Endpoints for managing the sales flow of the Store module. Unlike the restaurant module, store orders are resolved in a single checkout operation with no table or server state.

  • GET /store/orders: Retrieves all store orders.

    • Authorization: Requires orders_read
    • Query Parameters:
      • status (string, optional): Filter by order status
    • cURL Example:
    curl -X GET "http://127.0.0.1:9154/store/orders" \
      -H "Cookie: accessToken=$ACCESS_TOKEN"
    • Response Body (200 OK): List of orders.

  • GET /store/orders/{id}: Retrieves a specific order by ID.

    • Authorization: Requires orders_read
    • Path Parameters:
      • id (string): Order ID
    • cURL Example:
    curl -X GET "http://127.0.0.1:9154/store/orders/order-uuid" \
      -H "Cookie: accessToken=$ACCESS_TOKEN"
    • Response Body (200 OK): Order object.
    • Response Body (400 Bad Request):
    "Missing order ID"
    • Response Body (404 Not Found):
    "Order not found"

  • POST /store/orders/checkout: Processes a complete sale — creates the order, ticket, and payment in a single operation.

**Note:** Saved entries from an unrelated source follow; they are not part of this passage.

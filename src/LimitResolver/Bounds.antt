-- ===== src/LimitResolver/Bounds.antt =====
-- A SetLimit that is stored (mash-go/pkg/features/limit_resolver.go) takes effect at once.
use mathlib.Core.Option.{some-injective}
use mash.Base.{ℕ, ◌≡◌, ap, ◌∙◌, false, Option, none, some, String, none-ne-some, arith}
use mash.Base.Int.{ℤ}
use mash.Base.GoMap.{GoMap, string_key, nat_key, lookup, lookup-insert_self}
use mash.Zone.Value.{MultiZoneValue, new_value, is_expired}
use mash.Zone.Value
use mash.Zone.Value.Limits.{◌⊑◌}
use mash.EnergyControl.{controlled, Caller, SetLimitRequest}
use mash.LimitResolver.{LimitResolver, store_consumption}
use mash.LimitResolver.SetLimit.{duration_of, store_limits}
use mash.LimitResolver.Stored.{store_production_consumption}

lookup-store_consumption :
    (r : LimitResolver) (c : Caller) (idx dur : ℕ) (o : Option ℤ) (v : ℤ) (now : ℕ)
    → o ≡ some v
    → lookup c.zone_id (store_consumption r c idx dur o now).consumption_limits.values
      ≡ some (new_value c.zone_id c.zone_type v dur now)
unfolding store_consumption Value.set
lookup-store_consumption r c idx dur none v now e = absurd (none-ne-some e)
lookup-store_consumption r c idx dur (some w) v now e =
    lookup-insert_self c.zone_id (new_value c.zone_id c.zone_type w dur now)
      r.consumption_limits.values
    ∙ ap (λ x. some (new_value c.zone_id c.zone_type x dur now)) (some-injective w v e)

-- A value that has just been set has not expired.
pub new_value_fresh :
    (z : String) (zt : ℕ) (v : ℤ) (dur now : ℕ) → is_expired now (new_value z zt v dur now) ≡ false
unfolding is_expired new_value
new_value_fresh z zt v dur now = ground arith

-- The device shows a consumption limit that is at least as strict as this one, and is under control.
abbrev pub Shows : LimitResolver → ℤ → Type 0
Shows r' v =
    (y : ℤ) × (r'.ec.effective_consumption_limit ≡ some y)
    × (y ⊑ v)
    × (r'.ec.control_state ≡ controlled)

module _ (r : LimitResolver) (c : Caller) (req : SetLimitRequest) (now : ℕ) where
  abbrev stored_limits : LimitResolver
  stored_limits = store_limits r c req now

  pub stored_lookup :
      (v : ℤ)
      → req.consumption_limit ≡ some v
      → lookup c.zone_id stored_limits.consumption_limits.values
        ≡ some (new_value c.zone_id c.zone_type v (duration_of req.duration) now)
  unfolding store_limits
  stored_lookup v e =
      ap (λ m. lookup c.zone_id m.values)
        (store_production_consumption _ c _ _ req.production_limit now)
      ∙ lookup-store_consumption _ c _ _ req.consumption_limit v now e
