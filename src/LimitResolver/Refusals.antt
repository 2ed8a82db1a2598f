-- ===== src/LimitResolver/Refusals.antt =====
-- Which SetLimit requests (mash-go/pkg/features/limit_resolver.go) are refused, and what is answered
-- and stored for the others.
use mash.Base.{ℕ, ◌≡◌, ◌⊎◌, true, none, is_some, String, [], List}
use mash.Base.GoMap.{GoMap, string_key, delete}
use mash.Zone.Value.{ZoneValue}
use mash.Zone.Value.Expiry.{live}
use mash.EnergyControl.{SetLimitRequest, SetLimitResponse, Caller}
use mash.LimitResolver.{LimitResolver, Change}
use mash.LimitResolver.SetLimit.{Reply, answer, duration_of, handle_set_limit}
use mash.LimitResolver.Stored.{with_limit}
use mash.LimitResolver.Branches.{Acceptable, SaysNo}

-- The answer says yes, with the state that the device is in.
pub record SaysYes (r' : LimitResolver) (a : SetLimitResponse) : Type 0 where
  pub applied : a.applied ≡ true
  pub reason : a.reject_reason ≡ none
  pub state : a.control_state ≡ r'.ec.control_state

-- The zones' values that have not expired, after a change of both directions.
abbrev pub Holds : LimitResolver → ℕ → GoMap String ZoneValue → GoMap String ZoneValue → Type 0
Holds r' now cs ps =
    (r'.consumption_limits.values ≡ live now cs) × (r'.production_limits.values ≡ live now ps)

pub data Decided (r : LimitResolver) (caller : Caller) (req : SetLimitRequest) (now : ℕ)
    : Type 0 where
  refused :
      (reply : Reply)
      → ¬ Acceptable r caller req
      → SaysNo reply
      → handle_set_limit r caller req now ≡ (r, reply, [])
      → Decided r caller req now
  cleared :
      (r' : LimitResolver) (a : SetLimitResponse) (told : List Change)
      → Acceptable r caller req
      → req.consumption_limit ≡ none
      → req.production_limit ≡ none
      → handle_set_limit r caller req now ≡ (r', answer a, told)
      → SaysYes r' a
      → Holds r' now
          (delete caller.zone_id r.consumption_limits.values)
          (delete caller.zone_id r.production_limits.values)
      → Decided r caller req now
  stored :
      (r' : LimitResolver) (a : SetLimitResponse) (told : List Change)
      → Acceptable r caller req
      → (is_some req.consumption_limit ≡ true) ⊎ (is_some req.production_limit ≡ true)
      → handle_set_limit r caller req now ≡ (r', answer a, told)
      → SaysYes r' a
      → (a.effective_consumption_limit ≡ r'.ec.effective_consumption_limit)
        × (a.effective_production_limit ≡ r'.ec.effective_production_limit)
      → Holds r' now
          (with_limit caller req.consumption_limit
            (duration_of req.duration)
            now
            r.consumption_limits.values)
          (with_limit caller req.production_limit
            (duration_of req.duration)
            now
            r.production_limits.values)
      → Decided r caller req now
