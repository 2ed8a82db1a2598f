-- ===== src/LimitResolver/Reset.antt =====
-- ResetAll (mash-go/pkg/features/limit_resolver.go) leaves no limit and no timer of a known zone.
use mash.Base.{ℕ, ◌≡◌, refl, ◌∙◌, none, [], ◌∷◌, String, ℕ_discrete, All}
use mash.Base.Int.{ℤ}
use mash.Base.GoMap.{GoMap, string_key, nat_key, lookup}
use mash.Zone.Value
use mash.Duration.{Manager, TimerKey, timer_key, CommandType, cancel_zone_timers}
use mash.Duration.Invariant.{Synced}
use mash.Duration.Cancel.{cancel_zone_timers_lem}
use mash.EnergyControl.{autonomous}
use mash.LimitResolver.{LimitResolver, resolve_and_apply, timer_at}
use mash.LimitResolver.Clearing.{cancel_all, reset_all}

cancel_zone-none :
    (m : Manager ℤ) (zone : ℕ) (j : TimerKey)
    → Synced m
    → lookup j m.timers ≡ none
    → lookup j (cancel_zone_timers m zone).timers ≡ none
cancel_zone-none m zone j s e = elim (ℕ_discrete j.zone_id zone) [
  | yes z ↦ (cancel_zone_timers_lem m zone s).1 j z
  | no n ↦ (cancel_zone_timers_lem m zone s).2 j n ∙ e
]

cancel_all-none :
    (zs : GoMap String ℕ) (m : Manager ℤ) (j : TimerKey)
    → Synced m
    → lookup j m.timers ≡ none
    → lookup j (cancel_all zs m).timers ≡ none
unfolding cancel_all
cancel_all-none [] m j s e = e
cancel_all-none ((z, idx) ∷ zs) m j s e =
    cancel_all-none zs (cancel_zone_timers m idx) j (cancel_zone_timers_lem m idx s).0
      (cancel_zone-none m idx j s e)

-- No timer of these indices is left.
abbrev pub Idle : GoMap String ℕ → Manager ℤ → Type 0
Idle zs m = All (λ e. (c : CommandType) → lookup (timer_at e.1 c) m.timers ≡ none) zs

cancel_all-Idle : (zs : GoMap String ℕ) (m : Manager ℤ) → Synced m → Idle zs (cancel_all zs m)
unfolding cancel_all
cancel_all-Idle [] m s = tt
cancel_all-Idle ((z, idx) ∷ zs) m s = (
  λ c.
      cancel_all-none zs (cancel_zone_timers m idx) (timer_at idx c)
        (cancel_zone_timers_lem m idx s).0
        ((cancel_zone_timers_lem m idx s).1 (timer_at idx c) refl),
  cancel_all-Idle zs (cancel_zone_timers m idx) (cancel_zone_timers_lem m idx s).0,
)

-- If the timers and their calls are in step, ResetAll leaves no limit of any zone, no effective limit
-- and no timer of a zone that the resolver knows, and the device is autonomous.
pub reset_all_lem :
    (r : LimitResolver) (now : ℕ)
    → Synced r.timers
    → let r' = (reset_all r now).0 in
      (r'.consumption_limits.values ≡ [])
      × (r'.production_limits.values ≡ [])
      × (r'.ec.effective_consumption_limit ≡ none)
      × (r'.ec.effective_production_limit ≡ none)
      × (r'.ec.control_state ≡ autonomous)
      × Idle r.zone_index_map r'.timers
unfolding reset_all resolve_and_apply Value.resolve_limits Value.new
reset_all_lem r now s = (refl, refl, refl, refl, refl, cancel_all-Idle r.zone_index_map r.timers s)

    • Authorization: Requires orders_create
    • Request Body:
    {
      "userId": "string",
      "items": [
        {
          "productId": "string",
          "quantity": 1,
          "priceAtOrder": 25000
        }
      ],
      "paymentMethodId": "string",
      "currencyId": "string",
      "amount": 250.00,
      "transactionId": "string (optional)",
      "ticketNotes": ""
    }
    • cURL Example:
    curl -X POST "http://127.0.0.1:9154/store/orders/checkout" \
      -H "Cookie: accessToken=$ACCESS_TOKEN" \
      -H "Content-Type: application/json" \
      -d '{
        "userId": "user-uuid",
        "items": [
          { "productId": "product-uuid", "quantity": 2, "priceAtOrder": 25000 }
        ],
        "paymentMethodId": "method-uuid",
        "currencyId": "currency-uuid",
        "amount": 500.00
      }'
    • Response Body (201 Created):
    {
      "orderId": "order-uuid",
      "ticketId": "ticket-uuid",
      "paymentId": "payment-uuid"
    }
    • Response Body (400 Bad Request): insufficient stock, invalid items, or incorrect payment data
    "Checkout failed: check items, stock levels, and payment details"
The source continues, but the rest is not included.